▼

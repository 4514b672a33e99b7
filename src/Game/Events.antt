-- ===== src/Game/Events.antt =====
-- src/padrino/core/engine/events.py: the events. Each has a sequence number, the label of its phase,
-- an actor (optional for the engine's own events) and its payload.
use padrino.Base.{ℕ, Option, List, [], ◌∷◌, String}
use padrino.Game.Payloads.{
  GameCreatedPayload, RolesAssignedPayload, PhaseStartedPayload, PublicMessageSubmittedPayload,
  PrivateMessageSubmittedPayload, VoteSubmittedPayload, MafiaKillVoteSubmittedPayload,
  ProtectSubmittedPayload, InvestigateSubmittedPayload, RoleblockSubmittedPayload,
  FrameSubmittedPayload, TrackSubmittedPayload, WatchSubmittedPayload, CleanSubmittedPayload,
  SerialKillSubmittedPayload, NightFeedbackDeliveredPayload, ActionTimedOutPayload,
  OutputTruncatedPayload, OutputInvalidPayload, DayVoteResolvedPayload, NightResolvedPayload,
  DetectiveResultDeliveredPayload, PlayerEliminatedPayload, PhaseResolvedPayload,
  GameTerminatedPayload, RoleClaimedPayload, SeatTakenOverPayload,
}

pub data Visibility : Type 0 where
  public private system : Visibility

-- The fields that every event has beside its actor and payload.
pub record Header : Type 0 where
  pub sequence : ℕ
  pub phase : String

pub data Event : Type 0 where
  game_created : Header → (actor_player_id : Option String) → GameCreatedPayload → Event
  roles_assigned : Header → (actor_player_id : Option String) → RolesAssignedPayload → Event
  phase_started : Header → (actor_player_id : Option String) → PhaseStartedPayload → Event
  public_message_submitted :
      Header → (actor_player_id : String) → PublicMessageSubmittedPayload → Event
  private_message_submitted :
      Header → (actor_player_id : String) → PrivateMessageSubmittedPayload → Event
  vote_submitted : Header → (actor_player_id : String) → VoteSubmittedPayload → Event
  mafia_kill_vote_submitted :
      Header → (actor_player_id : String) → MafiaKillVoteSubmittedPayload → Event
  protect_submitted : Header → (actor_player_id : String) → ProtectSubmittedPayload → Event
  investigate_submitted : Header → (actor_player_id : String) → InvestigateSubmittedPayload → Event
  roleblock_submitted : Header → (actor_player_id : String) → RoleblockSubmittedPayload → Event
  frame_submitted : Header → (actor_player_id : String) → FrameSubmittedPayload → Event
  track_submitted : Header → (actor_player_id : String) → TrackSubmittedPayload → Event
  watch_submitted : Header → (actor_player_id : String) → WatchSubmittedPayload → Event
  clean_submitted : Header → (actor_player_id : String) → CleanSubmittedPayload → Event
  serial_kill_submitted : Header → (actor_player_id : String) → SerialKillSubmittedPayload → Event
  night_feedback_delivered :
      Header → (actor_player_id : String) → NightFeedbackDeliveredPayload → Event
  action_timed_out : Header → (actor_player_id : String) → ActionTimedOutPayload → Event
  output_truncated : Header → (actor_player_id : String) → OutputTruncatedPayload → Event
  output_invalid : Header → (actor_player_id : String) → OutputInvalidPayload → Event
  day_vote_resolved : Header → (actor_player_id : Option String) → DayVoteResolvedPayload → Event
  night_resolved : Header → (actor_player_id : Option String) → NightResolvedPayload → Event
  detective_result_delivered :
      Header → (actor_player_id : String) → DetectiveResultDeliveredPayload → Event
  player_eliminated : Header → (actor_player_id : Option String) → PlayerEliminatedPayload → Event
  phase_resolved : Header → (actor_player_id : Option String) → PhaseResolvedPayload → Event
  game_terminated : Header → (actor_player_id : Option String) → GameTerminatedPayload → Event
  role_claimed : Header → (actor_player_id : String) → RoleClaimedPayload → Event
  seat_taken_over : Header → (actor_player_id : Option String) → SeatTakenOverPayload → Event

-- The `visibility` literal of each event class.
unfoldable pub visibility : Event → Visibility
visibility (game_created h actor payload) = Visibility.system
visibility (roles_assigned h actor payload) = Visibility.system
visibility (phase_started h actor payload) = Visibility.system
visibility (public_message_submitted h actor payload) = Visibility.public
visibility (private_message_submitted h actor payload) = Visibility.private
visibility (vote_submitted h actor payload) = Visibility.public
visibility (mafia_kill_vote_submitted h actor payload) = Visibility.private
visibility (protect_submitted h actor payload) = Visibility.private
visibility (investigate_submitted h actor payload) = Visibility.private
visibility (roleblock_submitted h actor payload) = Visibility.private
visibility (frame_submitted h actor payload) = Visibility.private
visibility (track_submitted h actor payload) = Visibility.private
visibility (watch_submitted h actor payload) = Visibility.private
visibility (clean_submitted h actor payload) = Visibility.private
visibility (serial_kill_submitted h actor payload) = Visibility.private
visibility (night_feedback_delivered h actor payload) = Visibility.private
visibility (action_timed_out h actor payload) = Visibility.system
visibility (output_truncated h actor payload) = Visibility.system
visibility (output_invalid h actor payload) = Visibility.system
visibility (day_vote_resolved h actor payload) = Visibility.public
visibility (night_resolved h actor payload) = Visibility.system
visibility (detective_result_delivered h actor payload) = Visibility.private
visibility (player_eliminated h actor payload) = Visibility.public
visibility (phase_resolved h actor payload) = Visibility.system
visibility (game_terminated h actor payload) = Visibility.public
visibility (role_claimed h actor payload) = Visibility.public
visibility (seat_taken_over h actor payload) = Visibility.system

-- The `event_type` literal of each event class.
unfoldable pub event_type : Event → String
event_type (game_created h actor payload) = "GameCreated"
event_type (roles_assigned h actor payload) = "RolesAssigned"
event_type (phase_started h actor payload) = "PhaseStarted"
event_type (public_message_submitted h actor payload) = "PublicMessageSubmitted"
event_type (private_message_submitted h actor payload) = "PrivateMessageSubmitted"
event_type (vote_submitted h actor payload) = "VoteSubmitted"
event_type (mafia_kill_vote_submitted h actor payload) = "MafiaKillVoteSubmitted"
event_type (protect_submitted h actor payload) = "ProtectSubmitted"
event_type (investigate_submitted h actor payload) = "InvestigateSubmitted"
event_type (roleblock_submitted h actor payload) = "RoleblockSubmitted"
event_type (frame_submitted h actor payload) = "FrameSubmitted"
event_type (track_submitted h actor payload) = "TrackSubmitted"
event_type (watch_submitted h actor payload) = "WatchSubmitted"
event_type (clean_submitted h actor payload) = "CleanSubmitted"
event_type (serial_kill_submitted h actor payload) = "SerialKillSubmitted"
event_type (night_feedback_delivered h actor payload) = "NightFeedbackDelivered"
event_type (action_timed_out h actor payload) = "ActionTimedOut"
event_type (output_truncated h actor payload) = "OutputTruncated"
event_type (output_invalid h actor payload) = "OutputInvalid"
event_type (day_vote_resolved h actor payload) = "DayVoteResolved"
event_type (night_resolved h actor payload) = "NightResolved"
event_type (detective_result_delivered h actor payload) = "DetectiveResultDelivered"
event_type (player_eliminated h actor payload) = "PlayerEliminated"
event_type (phase_resolved h actor payload) = "PhaseResolved"
event_type (game_terminated h actor payload) = "GameTerminated"
event_type (role_claimed h actor payload) = "RoleClaimed"
event_type (seat_taken_over h actor payload) = "SeatTakenOver"

abbrev pub event_types : List String
event_types =
    "GameCreated" ∷ "RolesAssigned" ∷ "PhaseStarted" ∷ "PublicMessageSubmitted"
    ∷ "PrivateMessageSubmitted" ∷ "VoteSubmitted" ∷ "MafiaKillVoteSubmitted" ∷ "ProtectSubmitted"
    ∷ "InvestigateSubmitted" ∷ "RoleblockSubmitted" ∷ "FrameSubmitted" ∷ "TrackSubmitted"
    ∷ "WatchSubmitted" ∷ "CleanSubmitted" ∷ "SerialKillSubmitted" ∷ "NightFeedbackDelivered"
    ∷ "ActionTimedOut" ∷ "OutputTruncated" ∷ "OutputInvalid" ∷ "DayVoteResolved" ∷ "NightResolved"
    ∷ "DetectiveResultDelivered" ∷ "PlayerEliminated" ∷ "PhaseResolved" ∷ "GameTerminated"
    ∷ "RoleClaimed" ∷ "SeatTakenOver" ∷ []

▲

▶ [What the exercise asks] From the listing above, the lines starting with the one that has "frame_submitted : Header" and running through the one that has "track_submitted : Header" should be copied exactly, ends included.

▶ [Output]
  frame_submitted : Header → (actor_player_id : String) → FrameSubmittedPayload → Event
  track_submitted : Header → (actor_player_id : String) → TrackSubmittedPayload → Event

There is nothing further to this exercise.